/dope

Douglas-Peucker line simplification

Primary LanguagePythonMIT LicenseMIT

DoPe

Douglas-Peucker line simplification (data reduction).

Reduces the number of points in a two-dimensional dataset, while preserving its most striking features.

The resulting dataset is a subset of the original dataset.
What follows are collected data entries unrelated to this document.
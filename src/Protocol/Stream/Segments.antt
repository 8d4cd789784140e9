-- ===== src/Protocol/Stream/Segments.antt =====
-- rci/protocols/stream.py: how the loop cuts the bytes into segments.
use mathlib.Core.List.{append_assoc}
use robotic_character_interf.Base.{
  ℕ, ◌+◌, ◌-◌, ◌≤◌, ◌≡◌, refl, sym, subst, arith, inl, inr, Bool-cases, if_both, ltb, if◌then◌else◌,
  Option, none, some, List, [], ◌∷◌, ◌++◌, ◌==◌,
}
use robotic_character_interf.Base.Lists.{length, take, drop, length-take, take-append-drop}
use robotic_character_interf.Base.Message.{Message, say}
use robotic_character_interf.Protocol.Framing.{
  Frame, Header, Result, ok, err, checksum_error, protocol_error, decode, unpack_header,
}
use robotic_character_interf.Protocol.Stream.{
  starts_with_magic, Turn, stop, again, StreamIssue, StreamIssueKind, issue, desync_issue,
  invalid_header, invalid_frame, checksum_mismatch, take_candidate, take_header, validate_header,
  parse, discard_all, ends_in_magic, find_magic, turn,
}
use robotic_character_interf.Protocol.Stream.Accounting.{find_magic-Within, Within}

-- The bytes are, from the first to the last, the segments of the frames and of the issues, each list
-- in its order, and then the rest. The segment of a frame decodes to it, and that of an issue is as
-- long as the issue says.
pub data Parsed : List ℕ → List Frame → List StreamIssue → List ℕ → Type 0 where
  left : (bytes : List ℕ) → Parsed bytes [] [] bytes
  framed :
      (segment bytes : List ℕ) (f : Frame) {whole rest : List ℕ} {frames : List Frame}
      {issues : List StreamIssue}
      → segment ++ bytes ≡ whole
      → decode segment ≡ ok f
      → Parsed bytes frames issues rest
      → Parsed whole (f ∷ frames) issues rest
  dropped :
      (segment bytes : List ℕ) (i : StreamIssue) {whole rest : List ℕ} {frames : List Frame}
      {issues : List StreamIssue}
      → segment ++ bytes ≡ whole
      → length segment ≡ i.discarded_bytes
      → Parsed bytes frames issues rest
      → Parsed whole frames (i ∷ issues) rest

-- What is left of the whole is this buffer, after these issues.
record Reaches (whole : List ℕ) (issues : List StreamIssue) (buffer : List ℕ) : Type 0 where
  here : Parsed whole [] issues buffer
  on :
      (frames : List Frame) (later : List StreamIssue) (rest : List ℕ)
      → Parsed buffer frames later rest
      → Parsed whole frames (issues ++ later) rest

abbrev pub TurnParses : List ℕ → Turn → Type 0
TurnParses whole (stop rest issues) = Parsed whole [] issues rest
TurnParses whole (again rest frames issues) =
    (more : List Frame) (later : List StreamIssue) (left_over : List ℕ)
    → Parsed rest more later left_over
    → Parsed whole (frames ++ more) (issues ++ later) left_over

-- The first bytes of the buffer are dropped with an issue.
issue_off :
    (whole buffer : List ℕ) (issues : List StreamIssue) (i : StreamIssue)
    → i.discarded_bytes ≤ length buffer
    → Reaches whole issues buffer
    → TurnParses whole (again (drop i.discarded_bytes buffer) [] (issues ++ i ∷ []))
issue_off whole buffer issues i fits r frames later rest p =
    subst (λ is. Parsed whole frames is rest) (sym (append_assoc issues (i ∷ []) later))
      (r.on frames (i ∷ later) rest (
        dropped (take i.discarded_bytes buffer) (drop i.discarded_bytes buffer) i
          (take-append-drop i.discarded_bytes buffer)
          (omega (arith, length-take i.discarded_bytes buffer, fits)) p))

one_off :
    (whole buffer : List ℕ) (issues : List StreamIssue) (kind : StreamIssueKind) (m : Message)
    → 1 ≤ length buffer
    → Reaches whole issues buffer
    → TurnParses whole (again (drop 1 buffer) [] (issues ++ issue kind m 1 ∷ []))
one_off whole buffer issues kind m full r = issue_off whole buffer issues (issue kind m 1) full r

take_candidate-TurnParses :
    (whole buffer : List ℕ) (issues : List StreamIssue) (size : ℕ) (o : Result Frame)
    → 1 ≤ length buffer
    → size ≤ length buffer
    → decode (take size buffer) ≡ o
    → Reaches whole issues buffer
    → TurnParses whole (take_candidate buffer issues size o)
unfolding take_candidate
take_candidate-TurnParses whole buffer issues size (ok f) full fits e r = λ frames later rest p.
    r.on (f ∷ frames) later rest
      (framed (take size buffer) (drop size buffer) f (take-append-drop size buffer) e p)
take_candidate-TurnParses whole buffer issues size (err (checksum_error m)) full fits e r =
    issue_off whole buffer issues (issue checksum_mismatch m size) fits r
take_candidate-TurnParses whole buffer issues size (err (protocol_error m)) full fits e r =
    one_off whole buffer issues invalid_frame m full r

candidate-TurnParses :
    (max : ℕ) (whole buffer : List ℕ) (issues : List StreamIssue) (size : ℕ)
    → 1 ≤ length buffer
    → Reaches whole issues buffer
    → TurnParses whole (
        if ltb max size
        then again (drop 1 buffer) [] (
            issues
            ++ issue invalid_header (say "declared frame exceeds stream buffer limit") 1 ∷ [])
        else if ltb (length buffer) size
        then stop buffer issues
        else take_candidate buffer issues size (decode (take size buffer)))
candidate-TurnParses max whole buffer issues size full r =
    if_both (TurnParses whole) (ltb max size) (one_off whole buffer issues _ _ full r)
      (elim (Bool-cases (ltb (length buffer) size)) [
        | inl short ↦ rw short r.here
        | inr long ↦ rw long (
            take_candidate-TurnParses whole buffer issues size (decode (take size buffer)) full
              (ground (arith, long)) refl r)
      ])

checked-TurnParses :
    (max : ℕ) (whole buffer : List ℕ) (issues : List StreamIssue) (size : ℕ) (o : Option Message)
    → 1 ≤ length buffer
    → Reaches whole issues buffer
    → TurnParses whole (elim o [
      | some m ↦ again (drop 1 buffer) [] (issues ++ issue invalid_header m 1 ∷ [])
      | none ↦
          if ltb max size
          then again (drop 1 buffer) [] (
              issues
              ++ issue invalid_header (say "declared frame exceeds stream buffer limit") 1 ∷ [])
          else if ltb (length buffer) size
          then stop buffer issues
          else take_candidate buffer issues size (decode (take size buffer))
    ])
checked-TurnParses max whole buffer issues size none full r =
    candidate-TurnParses max whole buffer issues size full r
checked-TurnParses max whole buffer issues size (some m) full r =
    one_off whole buffer issues invalid_header m full r

take_header-TurnParses :
    (max : ℕ) (whole buffer : List ℕ) (issues : List StreamIssue) (h : Header)
    → 1 ≤ length buffer
    → Reaches whole issues buffer
    → TurnParses whole (take_header max buffer issues h)
unfolding take_header
take_header-TurnParses max whole buffer issues h full r =
    checked-TurnParses max whole buffer issues (8 + h.payload_length + 2)
      (validate_header h.version h.raw_type h.payload_length) full r

unpacked-TurnParses :
    (max : ℕ) (whole buffer : List ℕ) (issues : List StreamIssue) (o : Option Header)
    → 1 ≤ length buffer
    → Reaches whole issues buffer
    → TurnParses whole
        (elim o [ none ↦ stop buffer issues | some h ↦ take_header max buffer issues h ])
unpacked-TurnParses max whole buffer issues none full r = r.here
unpacked-TurnParses max whole buffer issues (some h) full r =
    take_header-TurnParses max whole buffer issues h full r

parse-TurnParses :
    (max : ℕ) (whole buffer : List ℕ) (issues : List StreamIssue)
    → Reaches whole issues buffer
    → TurnParses whole (parse max buffer issues)
unfolding parse
parse-TurnParses max whole buffer issues r = elim (Bool-cases (ltb (length buffer) 8)) [
  | inl short ↦ rw short r.here
  | inr long ↦
      rw long (
        unpacked-TurnParses max whole buffer issues (unpack_header buffer) (ground (arith, long)) r)
]

nothing-Reaches : (buffer : List ℕ) → Reaches buffer [] buffer
nothing-Reaches buffer = record { here = left buffer; on = λ frames later rest p. p }

desync-Reaches :
    (i : ℕ) (buffer : List ℕ)
    → i ≤ length buffer
    → Reaches buffer (desync_issue i ∷ []) (drop i buffer)
desync-Reaches i buffer fits =
    let size : length (take i buffer) ≡ i = omega (arith, length-take i buffer, fits) in
    record {
      here =
          dropped (take i buffer) (drop i buffer) (desync_issue i) (take-append-drop i buffer) size
            (left _);
      on = λ frames later rest p.
          dropped (take i buffer) (drop i buffer) (desync_issue i) (take-append-drop i buffer) size
            p;
    }

discarded-TurnParses :
    (n : ℕ) (buffer : List ℕ)
    → n ≤ length buffer
    → TurnParses buffer
        (if n == 0 then stop buffer [] else stop (drop n buffer) (desync_issue n ∷ []))
discarded-TurnParses n buffer fits =
    if_both (TurnParses buffer) (n == 0) (left buffer) (desync-Reaches n buffer fits).here

discard_all-TurnParses : (buffer : List ℕ) → TurnParses buffer (discard_all buffer)
unfolding discard_all
discard_all-TurnParses buffer =
    discarded-TurnParses (length buffer - (if ends_in_magic buffer then 1 else 0)) buffer
      (omega arith)

found-TurnParses :
    (max : ℕ) (buffer : List ℕ) (o : Option ℕ)
    → Within o (length buffer)
    → TurnParses buffer (elim o [
      | none ↦ discard_all buffer
      | some i ↦ parse max (drop i buffer) (desync_issue i ∷ [])
    ])
found-TurnParses max buffer none le = discard_all-TurnParses buffer
found-TurnParses max buffer (some i) le =
    parse-TurnParses max buffer (drop i buffer) (desync_issue i ∷ []) (desync-Reaches i buffer le)

-- A turn of the loop takes whole segments off the buffer's front.
pub turn-TurnParses : (max : ℕ) (buffer : List ℕ) → TurnParses buffer (turn max buffer)
unfolding turn
turn-TurnParses max buffer = if_both (TurnParses buffer) (ltb (length buffer) 2) (left buffer) (
    if_both (TurnParses buffer) (starts_with_magic buffer)
      (parse-TurnParses max buffer buffer [] (nothing-Reaches buffer))
      (found-TurnParses max buffer (find_magic buffer) (find_magic-Within buffer)))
Although line simplification is typically used for geographical data, e.g. when zooming a digital map (see e.g. Django's GEOSGeometry.simplify() based on GEOS), this type of algorithm can also be applied to general data reduction problems, as an alternative (or addition) to conventional filtering or subsampling. Some examples:

  • creating miniature data plots
  • pre-processing time-series data for feature detection (e.g. peak detection)

Installation

Normal installation:

pip install dopelines

With plot support (adds matplotlib):

pip install dopelines[plot]

With development tools:

pip install dopelines[dev]

Note: The PyPi project is called dopelines instead of dope, because PyPi would not let us create a project named dope, even though the name appears to be available.

Example

from dope import DoPeR

data_original = [
    [0, 0], [1, -1], [2, 2], [3, 0], [4, 0], [5, -1], [6, 1], [7, 0]
]

dp = DoPeR(data=data_original)

# use tolerance threshold (i.e. max. error w.r.t. normalized data)
data_simplified_eps = dp.simplify(tolerance=0.2)

# compare original data and simplified data in a plot
dp.plot()

# or use maximum recursion depth
data_simplified_depth = dp.simplify(max_depth=2)

Example line simplification plot.

Also see examples in tests.

Limitations

Currently we only offer a recursive implementation (depth-first), which is intuitive, but may not be the most efficient solution. An iterative implementation is in the works (breadth-first).

References:

Douglas DH, Peucker TK. Algorithms for the reduction of the number of points required to represent a digitized line or its caricature. Cartographica: the international journal for geographic information and geovisualization. 1973 Dec 1;10(2):112-22.